Catrin Menai was awarded the TI.M.E (Tlysau Mynydd Eryri) residency project based in Eryri with Plantlife.
This residency aimed to highlight alpine species as enigmatic treasures and to explore the relationship between the mountains, their species, and the diverse communities that live within them or in sight of them.
It particularly focused on young people, people from the LGBTQIA+ community, and those working at and visiting Ysbyty Gwynedd, the main hospital in Bangor, to explore how access to the mountain environment, or lack thereof, can impact physical and mental health.

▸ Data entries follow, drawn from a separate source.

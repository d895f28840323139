-- ===== src/CrossCheck.antt =====
-- The second resolver's reads for a fill (src/core/offerxcheck.ts): which of its answers refuse the fill.
pub mod Evidence
use cairn_wallet.Base.{
  ℕ, ◌+◌, Bool, true, false, ◌&&◌, ◌||◌, not, Option, none, some, ltb, leb, ◌==◌, if◌then◌else◌,
}
use cairn_wallet.Base.Text.{Text, codes, text_eq, lower}
use cairn_wallet.Spend.Outputs.{is_hex_text}

-- A count of base units as served: absent, 1 to 40 digits, or anything else.
pub data Amount : Type 0 where
  absent malformed : Amount
  whole : ℕ → Amount

unfoldable pub units : Amount → Option ℕ
units absent = some 0
units malformed = none
units (whole n) = some n

-- The fields that are read. `status` and `claim_until` are `none` where they are not a text and not a safe integer;
-- heights are naturals.
pub record Offer : Type 0 where
  pub id : Text
  pub status : Option Text
  pub paid : Amount
  pub delivered : Amount
  pub claim_txid : Text
  pub claim_until : Option ℕ

pub record CrossCheckCtx : Type 0 where
  pub offer_id : Text
  pub fclaim_txid : Text
  pub own_hold_end : Option ℕ

pub data Conflict : Type 0 where
  closed more_paid more_delivered : Conflict
  held_until : ℕ → Conflict

unfoldable pub is_closed : Option Text → Bool
is_closed none = false
is_closed (some s) =
    text_eq s (codes "cancelled") || (text_eq s (codes "filled") || text_eq s (codes "expired"))

-- `units(p[k]) ?? 0n`
or_zero : Option ℕ → ℕ
or_zero none = 0
or_zero (some n) = n

exceeds_units : Option ℕ → ℕ → Bool
exceeds_units none p = false
exceeds_units (some s) p = ltb p s

-- the body of the loop over `paid` and `delivered`
unfoldable pub exceeds : Amount → Amount → Bool
unfolding units or_zero exceeds_units
exceeds absent p = false
exceeds s p = exceeds_units (units s) (or_zero (units p))

-- a hold that ends after ours
outlasts : Option ℕ → Option ℕ → Option ℕ
outlasts (some until) (some end) = if ltb end until then some until else none
outlasts _ _ = none

unfoldable pub other_hold : Offer → CrossCheckCtx → Option Conflict
unfolding outlasts
other_hold s ctx =
    if is_hex_text 64 (lower s.claim_txid)
      && not (text_eq (lower s.claim_txid) (lower ctx.fclaim_txid))
    then elim (outlasts s.claim_until ctx.own_hold_end) [
      | none ↦ none
      | some until ↦ some (held_until until)
    ]
    else none

-- `paid` and `delivered` are what the primary served; an absent offer counts as none of either.
unfoldable pub second_source_offer_conflict :
    (paid delivered : Amount) → Option Offer → CrossCheckCtx → Option Conflict
unfolding is_closed exceeds other_hold
second_source_offer_conflict paid delivered none ctx = none
second_source_offer_conflict paid delivered (some s) ctx =
    if not (text_eq (lower s.id) (lower ctx.offer_id))
    then none
    else if is_closed s.status
    then some closed
    else if exceeds s.paid paid
    then some more_paid
    else if exceeds s.delivered delivered
    then some more_delivered
    else other_hold s ctx

-- A record of the second resolver.
pub record RecordBody : Type 0 where
  pub is_fclaim : Bool
  -- `applied === false`
  pub denied : Bool
  pub txid : Option Text
  pub tip_height : Option ℕ

pub data Answer : Type 0 where
  pending failed : Answer
  -- `body` is `none` where it is not a JSON object
  answered : (status : ℕ) (body : Option RecordBody) → Answer

pub data Unanswered : Type 0 where
  still_pending has_failed : Unanswered

unfoldable pub second_source_unanswered : Answer → Option Unanswered
second_source_unanswered pending = some still_pending
second_source_unanswered failed = some has_failed
second_source_unanswered (answered status none) = some has_failed
second_source_unanswered (answered status (some b)) =
    if status == 200 || status == 404 then none else some has_failed

abbrev pub record_lag_margin : ℕ
record_lag_margin = 12

pub data ReservationVerdict : Type 0 where
  no_evidence denied : ReservationVerdict
  unknown : (tip_height : ℕ) → ReservationVerdict

is_own : Option Text → Text → Bool
is_own none id = false
is_own (some t) id = text_eq (lower t) (lower id)

lagging : Option ℕ → Option ℕ → ReservationVerdict
lagging (some tip) (some h) = if leb (h + record_lag_margin) tip then unknown tip else no_evidence
lagging _ _ = no_evidence

unfoldable pub reservation_record_verdict :
    Answer → (fclaim_txid : Text) (proven_height : Option ℕ) → ReservationVerdict
unfolding is_own lagging
reservation_record_verdict (answered status (some b)) fclaim_txid proven_height =
    if status == 200
    then (if b.is_fclaim && (b.denied && is_own b.txid fclaim_txid) then denied else no_evidence)
    else if status == 404
    then lagging b.tip_height proven_height
    else no_evidence
reservation_record_verdict _ fclaim_txid proven_height = no_evidence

There Are Some Beetles (2025) is a process-led film that traces a series of correspondences—with a mountain, with those who live in its orbit, and with the rare alpine plants and invertebrates that teeter on the edge of visibility, under threat of extinction.
Together, these fragments come together to form a sense of wholeness, a sense of time; assembled from loose, interconnected parts. During her residency with The Mountain Jewel Project in Eryri, Catrin explored different forms of translation—experimenting with how knowledge might be shared with and through the community.
As part of this process, she collaborated with the botanist Robbie Blackhall-Miles, alongside several other creative practitioners. The artist Sarah Boulton reimagined moments and overheard fragments from the mountains and communities Catrin engaged with—capturing traces of place and voice. These impressions were then distilled into a series of poetic sentences, that were in turn translated by Esyllt Angharad Lewis, and passed on to the dancer Misa Brzezicki, who performed them back into the glacial cirque of Cwm Idwal during winter time.
Gwen Sion composed an accompanying soundtrack, layering the voices Catrin had gathered around Yr Wyddfa, in collaboration with Lowri Hedd of Gwyrddni. Within this film work the voices of the community begin to form an ecosystem—a mountain of shared thought. How far can a thought travel? What shifts when knowledge is passed from one person to another, across bodies, across landscapes? The Snowdon Rainbow Beetle traps and redirects wavelengths of light, appearing different from different angles- refusing fixity in our eye.
Thinking through the beetle, we are invited to consider knowledge not as fixed, but as refracted—bent and reshaped by each new perspective.